Freshslice Pizza
- Type: Restaurant franchise
- Industry: Fast food
- Founded: 1999; 27 years ago
- Headquarters: 1610 Ingleton Ave, Burnaby, British Columbia, Canada
- Key people: Ray Russell (founder and CEO)
- Products: Pizza Cheesy Bread Chicken Wings FS Cares Brownie
- Website: www.freshslice.com

= Freshslice Pizza =

Canadian pizza chain and franchise

Freshslice Pizza is a Canadian pizza chain and franchise founded by Ray Russell in 1999. The franchise operates more than 200 locations across Canada. They are known for their pizza by the slice but also sell whole pizzas.

== History ==

Freshslice Pizza was founded in 1999 by Ray Russell in Vancouver, British Columbia. Starting with a single restaurant, Freshslice grew to over 100 Locations across Canada.
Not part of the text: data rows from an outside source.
-- ===== src/Chart/Creation/Refines.antt =====
-- The run of NewApp against the list of its constructs.
use learning_crossplane_e2e.Prelude.{String, Option, some, List, [], ◌∷◌, inl, ◌≡◌, ap, subst}
use learning_crossplane_e2e.Chart.K8s.Base.{ApiObjectMetadata}
use learning_crossplane_e2e.Chart.Props.{AppProps, any_crossplane}
use learning_crossplane_e2e.Chart.Exposure.{get_ingress_props, get_certificate}
use learning_crossplane_e2e.Chart.App.{
  Construct, credential_constructs, db_constructs, schema_constructs, api_metadata, new_app,
}
use learning_crossplane_e2e.Chart.App.Build.{
  name_labels, certificates, constructs, new_app-constructs,
}
use learning_crossplane_e2e.Chart.App.Complete.{new_app-IsComplete}
use learning_crossplane_e2e.Chart.App.Ids.{new_app-ids-distinct}
use learning_crossplane_e2e.Chart.Bindings.{Runtime, built, then_run}
use learning_crossplane_e2e.Chart.Creation.{
  deployment_values, service_values, create_certificate, create_credentials, create_db,
  create_schema, create_objects, create_app,
}
use learning_crossplane_e2e.Chart.Creation.Rules.{
  Accepts, objects, CanAdd, Creates, skip-Creates, both-Creates, if-Creates, CanAdd-new,
}
use learning_crossplane_e2e.Chart.Creation.Objects.{
  new_kube_deployment-Creates, new_kube_service-Creates, new_kube_ingress-Creates,
  new_kube_secret-Creates, new_certificate-Creates, new_sql_claim-Creates,
  new_external_secret-Creates, new_database-Creates, new_table-Creates, new_helm-Creates,
  checked-Creates, quantity-Creates, number-Creates,
}

module _ (rt : Runtime) (accepts : Accepts rt) where
  module _ (path : String) (app : AppProps) where
    credentials-Creates : Creates path (credential_constructs app) (create_credentials rt path app)
    unfolding credential_constructs create_credentials
    credentials-Creates = if-Creates path app.db.enabled.crossplane.local _ _ (skip-Creates path) (
        if-Creates path app.db.insecure _ _ (new_kube_secret-Creates rt accepts path _ _)
          (new_external_secret-Creates rt accepts path _ _))

    db-Creates :
        (metadata : ApiObjectMetadata)
        → Creates path (db_constructs app metadata) (create_db rt path app metadata)
    unfolding db_constructs create_db
    db-Creates metadata =
        if-Creates path app.db.enabled.helm _ _ (new_helm-Creates rt accepts path _ _) (
          if-Creates path (any_crossplane app) _ _
            (both-Creates path (_ ∷ []) _ (new_sql_claim-Creates rt accepts path _ _)
              credentials-Creates)
            (skip-Creates path))

    schema-Creates :
        (metadata : ApiObjectMetadata)
        → Creates path (schema_constructs app metadata) (create_schema rt path app metadata)
    unfolding schema_constructs create_schema
    schema-Creates metadata =
        if-Creates path app.schema_hero.enabled _ _
          (both-Creates path (_ ∷ []) _ (new_database-Creates rt accepts path _ _)
            (new_table-Creates rt accepts path _ _))
          (skip-Creates path)

    certificates-Creates :
        (id : String)
        → Creates path (certificates (rt.node_id path) id app) (
            create_certificate rt path app (api_metadata (some id) (name_labels (rt.node_id path))))
    unfolding certificates create_certificate get_certificate
    certificates-Creates id =
        if-Creates path app.tls.enabled _ _ (new_certificate-Creates rt accepts path _ _)
          (skip-Creates path)

    deployment_values-Creates : Creates path [] (deployment_values rt)
    unfolding deployment_values
    deployment_values-Creates = both-Creates path [] [] (quantity-Creates rt accepts path "500m") (
        both-Creates path [] [] (quantity-Creates rt accepts path "512Mi") (
          both-Creates path [] [] (quantity-Creates rt accepts path "250m") (
            both-Creates path [] [] (quantity-Creates rt accepts path "256Mi") (
              both-Creates path [] [] (number-Creates rt accepts path _)
                (number-Creates rt accepts path _)))))

    service_values-Creates : Creates path [] (service_values rt)
    unfolding service_values
    service_values-Creates = number-Creates rt accepts path _

    objects-Creates :
        (id : String)
        → Creates path (constructs (rt.node_id path) id app) (create_objects rt path app (some id))
    unfolding constructs create_objects get_ingress_props
    objects-Creates id =
        both-Creates path [] _ (checked-Creates rt accepts path _ (accepts.has_node path)) (
          both-Creates path [] _ deployment_values-Creates (
            both-Creates path (_ ∷ []) _ (new_kube_deployment-Creates rt accepts path _ _) (
              both-Creates path [] _ service_values-Creates (
                both-Creates path (_ ∷ []) _ (new_kube_service-Creates rt accepts path _ _) (
                  both-Creates path (_ ∷ []) _ (new_kube_ingress-Creates rt accepts path _ _) (
                    both-Creates path (certificates (rt.node_id path) id app) _
                      (certificates-Creates id)
                      (both-Creates path _ _ (db-Creates _) (schema-Creates _))))))))

  create_app_built :
      (scope : Option String) (path id : String) (app : AppProps)
      → rt.new_construct scope (some id) ≡ inl path
      → CanAdd path (constructs (rt.node_id path) id app) []
      → create_app rt scope (some id) app []
        ≡ built path (objects path (constructs (rt.node_id path) id app) [])
  unfolding create_app
  create_app_built scope path id app e can =
      rw e (ap (then_run (λ _ kids. built path kids)) ((objects-Creates path app id).run [] can))

-- NewApp with an id, in a scope that accepts it, never panics: it creates just the constructs of
-- `new_app`, each as an object of its own class, whether or not the parameters are checked. The jsii
-- runtime is to load the embedded libraries, to have a node for each construct, to make quantities of
-- texts and ports of numbers, and to accept each props with its required fields set, and each object
-- of a registered class whose id no other object of the scope has.
pub create_app-new_app :
    (rt : Runtime) (scope : Option String) (path id : String) (app : AppProps)
    → Accepts rt
    → rt.new_construct scope (some id) ≡ inl path
    → (cs : List Construct) × (new_app (rt.node_id path) (some id) app ≡ some cs)
      × (create_app rt scope (some id) app [] ≡ built path (objects path cs []))
create_app-new_app rt scope path id app accepts e =
    let (cs, made, complete) = new_app-IsComplete (rt.node_id path) id app in
    let made_by = new_app-constructs (rt.node_id path) id app in
    let same : constructs (rt.node_id path) id app ≡ cs = cc in
    let can = CanAdd-new path cs complete (new_app-ids-distinct (rt.node_id path) id app cs made) in
    (
      cs,
      made,
      subst
          (λ (l : List Construct).
            CanAdd path l []
            → create_app rt scope (some id) app [] ≡ built path (objects path l []))
          same (create_app_built rt accepts scope path id app e) can,
    )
== Awards and recognition ==
In 2014 and 2015, Freshslice received a Golden Plate award for Best Pizza By The Slice from the Vancouver-based weekly publication The Georgia Straight.
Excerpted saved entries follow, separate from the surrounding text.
-- ===== src/Chart/Custom.antt =====
-- The custom resources of cdk8s/imports that the chart builds.
pub mod Certificate
pub mod SqlClaim
pub mod ExternalSecret
pub mod Database
pub mod Table
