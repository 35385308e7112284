-- ===== src/Chart/K8s.antt =====
-- The types of cdk8s/imports/k8s that the chart builds.
pub mod Base
pub mod Meta
pub mod Container
pub mod Pod
pub mod Network
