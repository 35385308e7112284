-- ===== src/Chart/Main.antt =====
-- cdk8s/main.go: the values are read from app.yaml and from the variant of the environment, and the
-- chart is built from them.
pub mod Variant
use Prim.Native.String
use learning_crossplane_e2e.Prelude.{
  ◌⊕◌, ◌⊎◌, inl, inr, String, false, Option, none, some, List, [], ◌∷◌, is_empty, if◌then◌else◌,
}
use learning_crossplane_e2e.Chart.Props.{AppProps}
use learning_crossplane_e2e.Chart.App.{Construct, new_app}

-- Values and what was printed so far, or the message with which `log.Fatalf` ends the process.
pub data Loaded : Type 0 where
  loaded : AppProps → List String → Loaded
  fatal : String → Loaded

-- What the code calls. A file gives its content and an error, since Go's ReadFile returns both; the
-- decoder starts from the values so far and gives new ones or an error; `node_id` is the identifier
-- of a construct's node.
pub record Library : Type 0 where
  pub getenv : String → String
  pub read_file : String → String × Option String
  pub unmarshal : String → AppProps → AppProps ⊎ String
  pub node_id : String → Option String

-- `&AppProps{}`
abbrev pub zero_app_props : AppProps
zero_app_props = record {
  name = "";
  image = record { repository = ""; tag = "" };
  replicas = record { bits = 0 };
  ingress = record { host = ""; class_name = "" };
  tls = record { enabled = false };
  db = record {
    id = "";
    insecure = false;
    enabled = record {
      helm = false;
      crossplane = record { local = false; google = false; aws = false; azure = false };
    };
    size = "";
  };
  schema_hero = record { enabled = false };
  otel = record { enabled = false; jaeger_addr = "" };
  logging = record { enabled = false };
}

-- An error of reading is printed, and the content is decoded all the same.
abbrev pub printed : Option String → List String → List String
printed none log = log
printed (some message) log = ("yamlFile.Get err   #" ⊕ (message ⊕ " ")) ∷ log

abbrev pub decoded : AppProps ⊎ String → List String → Loaded
decoded (inl app) log = loaded app log
decoded (inr message) log = fatal ("Unmarshal: " ⊕ message)

module _ (library : Library) where
  unfoldable pub set_values : String → Loaded → Loaded
  set_values file (fatal message) = fatal message
  set_values file (loaded app log) =
      let (content, error) = library.read_file file in
      decoded (library.unmarshal content app) (printed error log)

  abbrev pub variant_file : String → String
  variant_file env = "app-" ⊕ (env ⊕ ".yaml")

  -- The values that the chart is built from.
  unfoldable pub load_values : Loaded
  unfolding set_values
  load_values =
      let base = set_values "app.yaml" (loaded zero_app_props []) in
      if is_empty (library.getenv "ENVIRONMENT")
      then base
      else set_values (variant_file (library.getenv "ENVIRONMENT")) base

  -- The constructs of the chart, where the process does not end first.
  abbrev pub charted : String → Loaded → Option (List Construct) ⊎ String
  charted id (loaded app log) = inl (new_app (library.node_id id) (some id) app)
  charted id (fatal message) = inr message

  unfoldable pub new_cncf_demo_chart : String → Option (List Construct) ⊎ String
  unfolding load_values
  new_cncf_demo_chart id = charted id load_values
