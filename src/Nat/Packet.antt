-- ===== src/Nat/Packet.antt =====
-- The packets that the translator rewrites: include/tcp.h and include/ip.h of 03-nat.
--
-- The ports are kept converted from network byte order; `seq`, `ack`, `rwnd` and the checksum, which
-- the code does not convert, are the words in memory.
use computer_network_labs.Nat.Sum
use computer_network_labs.Router.Run.{out_of_bounds, Run, ok, fault}
use computer_network_labs.Router.Packet.{IpHeader, net16, host16, header_bytes}
use computer_network_labs.Base.{
  ltb, if◌then◌else◌, length, take, add32, ℕ, ◌+◌, ◌-◌, ◌*◌, ◌/◌, ◌%◌, ◌^◌, List, [], ◌∷◌, ◌++◌,
}

-- `struct tcphdr`
pub record TcpHeader : Type 0 where
  pub sport : ℕ
  pub dport : ℕ
  pub seq : ℕ
  pub ack : ℕ
  pub x2 : ℕ
  pub off : ℕ
  pub flags : ℕ
  pub rwnd : ℕ
  pub checksum : ℕ
  pub urp : ℕ

-- What follows the IP header: a TCP header with its data, or other bytes.
pub data Body : Type 0 where
  tcp_body : TcpHeader → List ℕ → Body
  other_body : List ℕ → Body

pub record Packet : Type 0 where
  pub ip : IpHeader
  pub body : Body

abbrev pub tcp_fin : ℕ
tcp_fin = 0x01

abbrev pub tcp_ack : ℕ
tcp_ack = 0x10

abbrev pub ipproto_tcp : ℕ
ipproto_tcp = 6

-- The memory of a 32-bit word of the machine.
unfoldable pub host32 : ℕ → List ℕ
host32 v = v % 256 ∷ v / 256 % 256 ∷ v / 2 ^ 16 % 256 ∷ v / 2 ^ 24 % 256 ∷ []

-- `htons` and `htonl`
unfoldable pub htons : ℕ → ℕ
htons v = v % 256 * 256 + v / 256 % 256

unfoldable pub htonl : ℕ → ℕ
htonl v = v % 256 * 2 ^ 24 + v / 256 % 256 * 2 ^ 16 + v / 2 ^ 16 % 256 * 2 ^ 8 + v / 2 ^ 24 % 256

unfoldable pub tcp_bytes : TcpHeader → List ℕ
tcp_bytes tcp =
    net16 tcp.sport
    ++ (net16 tcp.dport
        ++ (host32 tcp.seq
            ++ (host32 tcp.ack
                ++ ((tcp.off % 16 * 16 + tcp.x2 % 16) ∷ (tcp.flags % 256) ∷ [])
                ++ (host16 tcp.rwnd ++ (host16 tcp.checksum ++ host16 tcp.urp)))))

-- `ntohs(ip->tot_len) - IP_HDR_SIZE(ip)`, a `u16`.
unfoldable pub tcp_len : IpHeader → ℕ
tcp_len ip = (ip.tot_len + 2 ^ 16 - ip.ihl * 4) % 2 ^ 16

-- The sum that stands for the pseudo header, a `u32`.
unfoldable pub pseudo_sum : IpHeader → ℕ
pseudo_sum ip =
    add32 (add32 (add32 (htonl ip.saddr) (htonl ip.daddr)) (htons ip.protocol)) (htons (tcp_len ip))

unfoldable pub tcp_checksum : IpHeader → TcpHeader → List ℕ → Run ℕ
tcp_checksum ip tcp bytes =
    let memory = tcp_bytes (record tcp { checksum = 0 }) ++ bytes in
    if ltb (length memory) (tcp_len ip)
    then fault out_of_bounds
    else ok (Sum.checksum (take (tcp_len ip) memory) (pseudo_sum ip))

unfoldable pub ip_checksum : IpHeader → ℕ
ip_checksum h = Sum.checksum (header_bytes (record h { checksum = 0 })) 0
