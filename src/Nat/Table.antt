-- ===== src/Nat/Table.antt =====
-- include/nat.h of 03-nat, and nat_init and nat_exit of nat.c.
use computer_network_labs.Base.{
  ltb, ◌==◌, if◌then◌else◌, ℕ, ◌%◌, ◌^◌, Bool, true, false, List, [], ◌∷◌, ◌++◌,
}
use computer_network_labs.Device.{IfaceInfo}
use computer_network_labs.Nat.Sum.{hash8}
use computer_network_labs.Nat.Packet.{host32}

abbrev pub nat_port_min : ℕ
nat_port_min = 12345

abbrev pub nat_port_max : ℕ
nat_port_max = 23456

abbrev pub hash_8bits : ℕ
hash_8bits = 256

-- `struct nat_connection`
pub record NatConnection : Type 0 where
  pub internal_fin : Bool
  pub external_fin : Bool
  pub internal_seq_end : ℕ
  pub external_seq_end : ℕ
  pub internal_ack : ℕ
  pub external_ack : ℕ

-- `struct nat_mapping`
pub record NatMapping : Type 0 where
  pub remote_ip : ℕ
  pub remote_port : ℕ
  pub internal_ip : ℕ
  pub internal_port : ℕ
  pub external_ip : ℕ
  pub external_port : ℕ
  pub update_time : ℕ
  pub conn : NatConnection

pub record DnatRule : Type 0 where
  pub external_ip : ℕ
  pub external_port : ℕ
  pub internal_ip : ℕ
  pub internal_port : ℕ

pub record NatTable : Type 0 where
  pub nat_mapping_list : ℕ → List NatMapping
  pub internal_iface : IfaceInfo
  pub external_iface : IfaceInfo
  pub assigned_ports : ℕ → Bool
  pub rules : List DnatRule

-- A write to an array.
unfoldable pub set_at {ℓ} : {A : Type ℓ} → ℕ → A → (ℕ → A) → ℕ → A
set_at i x f j = if j == i then x else f j

-- The index of the list for a remote address: the hash of its four bytes.
unfoldable pub list_index : ℕ → ℕ
list_index address = hash8 (host32 address)

-- What `memset` leaves.
abbrev pub empty_conn : NatConnection
empty_conn = record {
  internal_fin = false;
  external_fin = false;
  internal_seq_end = 0;
  external_seq_end = 0;
  internal_ack = 0;
  external_ack = 0;
}

abbrev pub empty_mapping : NatMapping
empty_mapping = record {
  remote_ip = 0;
  remote_port = 0;
  internal_ip = 0;
  internal_port = 0;
  external_ip = 0;
  external_port = 0;
  update_time = 0;
  conn = empty_conn;
}

-- A rule of the configuration file.
unfoldable pub add_rule : DnatRule → NatTable → NatTable
add_rule rule nat = record nat {
  rules = nat.rules ++ (rule ∷ []);
  assigned_ports = set_at (rule.external_port % 2 ^ 16) true nat.assigned_ports;
}

unfoldable pub add_rules : List DnatRule → NatTable → NatTable
add_rules [] nat = nat
add_rules (rule ∷ rules) nat = add_rules rules (add_rule rule nat)

-- `nat_init`, with what the configuration file says.
unfoldable pub nat_init : IfaceInfo → IfaceInfo → List DnatRule → NatTable
nat_init internal external rules = add_rules rules (record {
  nat_mapping_list = λ i. [];
  internal_iface = internal;
  external_iface = external;
  assigned_ports = λ i. false;
  rules = [];
})

unfoldable pub nat_exit : NatTable → NatTable
nat_exit nat = record nat {
  nat_mapping_list = λ i. if ltb i hash_8bits then [] else nat.nat_mapping_list i;
  rules = [];
}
In 2016, Ray Russell and Freshslice were awarded runner-up for the Entrepreneur of the Year Award through BCBusiness and Ernst & Young (EY) for his involvement at Freshslice.

== Legal issues ==

In 2011, two Freshslice Pizza companies and the owner of two franchise outlets were fined $44,000 for employing illegal workers. Companies owned by Ray Russell and corporate employee Bahman Afshari were all charged by the Canada Border Services Agency after a tip led to the discovery that over a dozen illegal immigrants were employed at Freshslice locations in Vancouver. Afshari was also personally charged.

In 2014 Russell was found guilty by the B.C. Supreme Court of wrongful dismissal of a corporate employee. The courts ordered a judgement of over $40,000 to the former employee.
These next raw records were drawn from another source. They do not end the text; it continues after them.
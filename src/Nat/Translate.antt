-- ===== src/Nat/Translate.antt =====
-- do_translation of nat.c. The lock is held from its first line to the last but one: the part between
-- is one step.
pub mod Verify
use computer_network_labs.Router.Run.{◌>>=◌, out_of_bounds, Run, ok, fault}
use computer_network_labs.Router.Packet.{IpHeader}
use computer_network_labs.Base.{
  ltb, ◌==◌, if◌then◌else◌, ℕ, zero, suc, ◌-◌, Bool, true, false, not, ◌&&◌, List, [], ◌∷◌,
}
use computer_network_labs.Nat.Packet.{
  tcp_fin, tcp_ack, tcp_checksum, ip_checksum, TcpHeader, Packet, tcp_body, other_body,
}
use computer_network_labs.Nat.Table.{
  nat_port_min, nat_port_max, set_at, list_index, empty_mapping, NatMapping, NatTable,
}

-- `enum packet_dir`
pub data PacketDir : Type 0 where
  dir_in dir_out dir_invalid : PacketDir

-- The tests of the two searches.
unfoldable pub is_external : ℕ → ℕ → NatMapping → Bool
is_external ip port e = (e.external_ip == ip) && (e.external_port == port)

unfoldable pub is_internal : ℕ → ℕ → NatMapping → Bool
is_internal ip port e = (e.internal_ip == ip) && (e.internal_port == port)

unfoldable pub has : (NatMapping → Bool) → List NatMapping → Bool
has test [] = false
has test (e ∷ entries) = if test e then true else has test entries

-- A search, the new entry at the tail if it fails, and the change of the entry: the changed entry
-- and the list.
unfoldable pub visit :
    (NatMapping → Bool)
    → (NatMapping → NatMapping)
    → NatMapping
    → List NatMapping
    → NatMapping × List NatMapping
visit test change new [] = (change new, change new ∷ [])
visit test change new (e ∷ entries) =
    let (x, rest) = visit test change new entries in
    if test e then (change e, change e ∷ entries) else (x, e ∷ rest)

-- `for (i = NAT_PORT_MIN; i < NAT_PORT_MAX; i++)`, with the number of rounds.
unfoldable pub port_loop : ℕ → ℕ → (ℕ → Bool) → ℕ
port_loop zero i ports = i
port_loop (suc n) i ports = if not (ports i) then i else port_loop n (suc i) ports

abbrev pub pool_size : ℕ
pool_size = nat_port_max - nat_port_min

unfoldable pub free_port : (ℕ → Bool) → ℕ
free_port ports = port_loop pool_size nat_port_min ports

-- What the loop leaves in the pool.
unfoldable pub take_port : (ℕ → Bool) → ℕ → Bool
take_port ports =
    if ltb (free_port ports) nat_port_max then set_at (free_port ports) true ports else ports

-- What a packet from outside, and one from inside, write into the entry.
unfoldable pub received : ℕ → TcpHeader → NatMapping → NatMapping
received now tcp e = record e {
  update_time = now;
  conn = record (e.conn) {
    external_fin = tcp.flags == tcp_fin;
    external_seq_end = tcp.seq;
    external_ack = if tcp.flags == tcp_ack then tcp.ack else e.conn.external_ack;
  };
}

unfoldable pub sent : ℕ → TcpHeader → NatMapping → NatMapping
sent now tcp e = record e {
  update_time = now;
  conn = record (e.conn) {
    internal_fin = tcp.flags == tcp_fin;
    internal_seq_end = tcp.seq;
    internal_ack = if tcp.flags == tcp_ack then tcp.ack else e.conn.internal_ack;
  };
}

-- The entries that the two branches add when the search fails.
abbrev pub new_inbound : IpHeader → TcpHeader → NatMapping
new_inbound ip tcp = record empty_mapping { external_ip = ip.daddr; external_port = tcp.dport }

abbrev pub new_outbound : IpHeader → TcpHeader → NatTable → NatMapping
new_outbound ip tcp nat = record empty_mapping {
  internal_ip = ip.saddr;
  internal_port = tcp.sport;
  external_ip = nat.external_iface.ip;
  external_port = free_port nat.assigned_ports;
}

-- The pool after a packet from inside: a port is taken if the search fails.
unfoldable pub outbound_ports : IpHeader → TcpHeader → NatTable → ℕ → Bool
outbound_ports ip tcp nat =
    if has (is_internal ip.saddr tcp.sport) (nat.nat_mapping_list (list_index ip.daddr))
    then nat.assigned_ports
    else take_port nat.assigned_ports

unfoldable pub inbound : ℕ → IpHeader → TcpHeader → NatTable → NatTable × NatMapping
inbound now ip tcp nat =
    let i = list_index ip.saddr in
    let (e, entries) =
      visit (is_external ip.daddr tcp.dport) (received now tcp) (new_inbound ip tcp)
        (nat.nat_mapping_list i) in
    (record nat { nat_mapping_list = set_at i entries nat.nat_mapping_list }, e)

unfoldable pub outbound : ℕ → IpHeader → TcpHeader → NatTable → NatTable × NatMapping
outbound now ip tcp nat =
    let i = list_index ip.daddr in
    let (e, entries) =
      visit (is_internal ip.saddr tcp.sport) (sent now tcp) (new_outbound ip tcp nat)
        (nat.nat_mapping_list i) in
    (
      record nat {
        nat_mapping_list = set_at i entries nat.nat_mapping_list;
        assigned_ports = outbound_ports ip tcp nat;
      },
      e,
    )

-- The two checksums.
unfoldable pub sum_packet : IpHeader → TcpHeader → List ℕ → Run Packet
sum_packet ip tcp bytes = do
  k ← tcp_checksum ip tcp bytes
  ok (record {
    ip = record ip { checksum = ip_checksum ip };
    body = tcp_body (record tcp { checksum = k }) bytes;
  })

unfoldable pub translate_in : ℕ → IpHeader → TcpHeader → List ℕ → NatTable → Run (NatTable × Packet)
translate_in now ip tcp bytes nat =
    let (nat', e) = inbound now ip tcp nat in
    do
      packet ←
          sum_packet (record ip { daddr = e.internal_ip }) (record tcp { dport = e.internal_port })
            bytes
      ok (nat', packet)

unfoldable pub translate_out :
    ℕ → IpHeader → TcpHeader → List ℕ → NatTable → Run (NatTable × Packet)
translate_out now ip tcp bytes nat =
    let (nat', e) = outbound now ip tcp nat in
    do
      packet ←
          sum_packet (record ip { saddr = e.external_ip }) (record tcp { sport = e.external_port })
            bytes
      ok (nat', packet)

-- The translation, before the packet is sent. A packet too short for a TCP header is read beyond its end.
unfoldable pub translate : ℕ → Packet → PacketDir → NatTable → Run (NatTable × Packet)
translate now packet dir nat = elim packet.body [
  | other_body bytes ↦ fault out_of_bounds
  | tcp_body tcp bytes ↦ elim dir [
    | dir_in ↦ translate_in now packet.ip tcp bytes nat
    | dir_out ↦ translate_out now packet.ip tcp bytes nat
    | dir_invalid ↦ translate_out now packet.ip tcp bytes nat
  ]
]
In 2021, Freshslice filed a lawsuit against multiple former franchisees, who had broken away from the Freshslice chain and rebranded as the new chains HellCrust Pizza and Yummy Slice Pizza; Freshslice accused both companies of utilizing its intellectual property and trade secrets, and of breaching non-compete clauses prohibiting the establishment of competing businesses at the same location, or within five kilometres of an existing Freshslice location, for two years after the transfer or termination of a franchise. Yummy Slice's owner Jaskirat Singh accused Freshslice of having attempted to increase operating costs and devalue his franchises during the COVID-19 pandemic via "new and unnecessary renovations" and mandated promotions that reduced its profit margin, so that Freshslice could buy the franchise below value and resell it at a higher price to a new franchisee. Russell denied the allegations, accused the chains of "selling stolen goods"; the company also issued promotional material deriding the chains and other brands formed by former franchisees as "knockoff brands" that had stolen "the recipes and the proprietary system at our core".